## What you will do
A verbatim transcript of the lines below, starting at the first and ending with the one that holds "bench_ping_task = 0x0800_0401;", is what should be produced.

## Material for this task
---

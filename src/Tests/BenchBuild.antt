-- ===== src/Tests/BenchBuild.antt =====
-- The theorem on main() of Src/main.c with SENTINEL_BENCH, on a concrete program.
use sentinel_rtos.Base.{◌≡◌, true, inl, arith}
use sentinel_rtos.Kernel.State.{Kernel, ready}
use sentinel_rtos.Kernel.Run.{done, ◌>>◌}
use sentinel_rtos.Kernel.Boot.{FirstTask, os_kernel_launch}
use sentinel_rtos.Bench.{scheduler_rounds, bench_scheduler_decision}
use sentinel_rtos.Boot.Entry.{Enters}
use sentinel_rtos.Kernel.Safety.{Runs}
use sentinel_rtos.Boot.{BenchTasks, bench_main}
use sentinel_rtos.Boot.Paired.{IsPaired}
use sentinel_rtos.Boot.BenchLaunch.{IsBenchLinked, bench_main-launches}
use sentinel_rtos.Tests.Contexts.{radar_program, program_memory}

abbrev bench_tasks : BenchTasks
bench_tasks = record {
  bench_ping_task = 0x0800_0401;
  bench_pong_task = 0x0800_0501;
  ping_stack = 0x2000_0000;
  pong_stack = 0x2000_0400;
}

bench_tasks-IsBenchLinked : IsBenchLinked bench_tasks radar_program program_memory
bench_tasks-IsBenchLinked = record {
  ping_entry = omega arith;
  pong_entry = omega arith;
  idle_entry = omega arith;
  ping_pong = inl (omega arith);
  ping_idle = inl (omega arith);
  pong_idle = inl (omega arith);
  ping_buffer = inl (omega arith);
  pong_buffer = inl (omega arith);
  idle_buffer = inl (omega arith);
  post_slots = omega arith;
  bench_slots = omega arith;
}

bench_main-launches_example :
    (k3 : Kernel) × (j : Kernel) × (e : Kernel) × (k' : Kernel) × (f : FirstTask) × (bench_main
        bench_tasks radar_program program_memory
      ≡ (bench_scheduler_decision >> os_kernel_launch) k3)
    × ((k3.os_tasks 0).state ≡ ready)
    × (bench_scheduler_decision k3 ≡ done tt e)
    × Runs e 0
    × (scheduler_rounds 7 k3 ≡ done tt j)
    × IsPaired bench_tasks radar_program 1 j
    × (bench_main bench_tasks radar_program program_memory ≡ done f k')
    × Enters 0x2000_0400 0x0800_0501 f
    × Runs k' 1
    × (k'.kernel_running ≡ true)
    × (k'.primask ≡ 0)
    × IsPaired bench_tasks radar_program 1 k'
bench_main-launches_example =
    bench_main-launches bench_tasks radar_program program_memory 7 bench_tasks-IsBenchLinked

---

## Exercise response
filename src/Tests/BenchBuild.antt
-- ===== src/Tests/BenchBuild.antt =====
-- The theorem on main() of Src/main.c with SENTINEL_BENCH, on a concrete program.
use sentinel_rtos.Base.{◌≡◌, true, inl, arith}
use sentinel_rtos.Kernel.State.{Kernel, ready}
use sentinel_rtos.Kernel.Run.{done, ◌>>◌}
use sentinel_rtos.Kernel.Boot.{FirstTask, os_kernel_launch}
use sentinel_rtos.Bench.{scheduler_rounds, bench_scheduler_decision}
use sentinel_rtos.Boot.Entry.{Enters}
use sentinel_rtos.Kernel.Safety.{Runs}
use sentinel_rtos.Boot.{BenchTasks, bench_main}
use sentinel_rtos.Boot.Paired.{IsPaired}
use sentinel_rtos.Boot.BenchLaunch.{IsBenchLinked, bench_main-launches}
use sentinel_rtos.Tests.Contexts.{radar_program, program_memory}

abbrev bench_tasks : BenchTasks
bench_tasks = record {
  bench_ping_task = 0x0800_0401;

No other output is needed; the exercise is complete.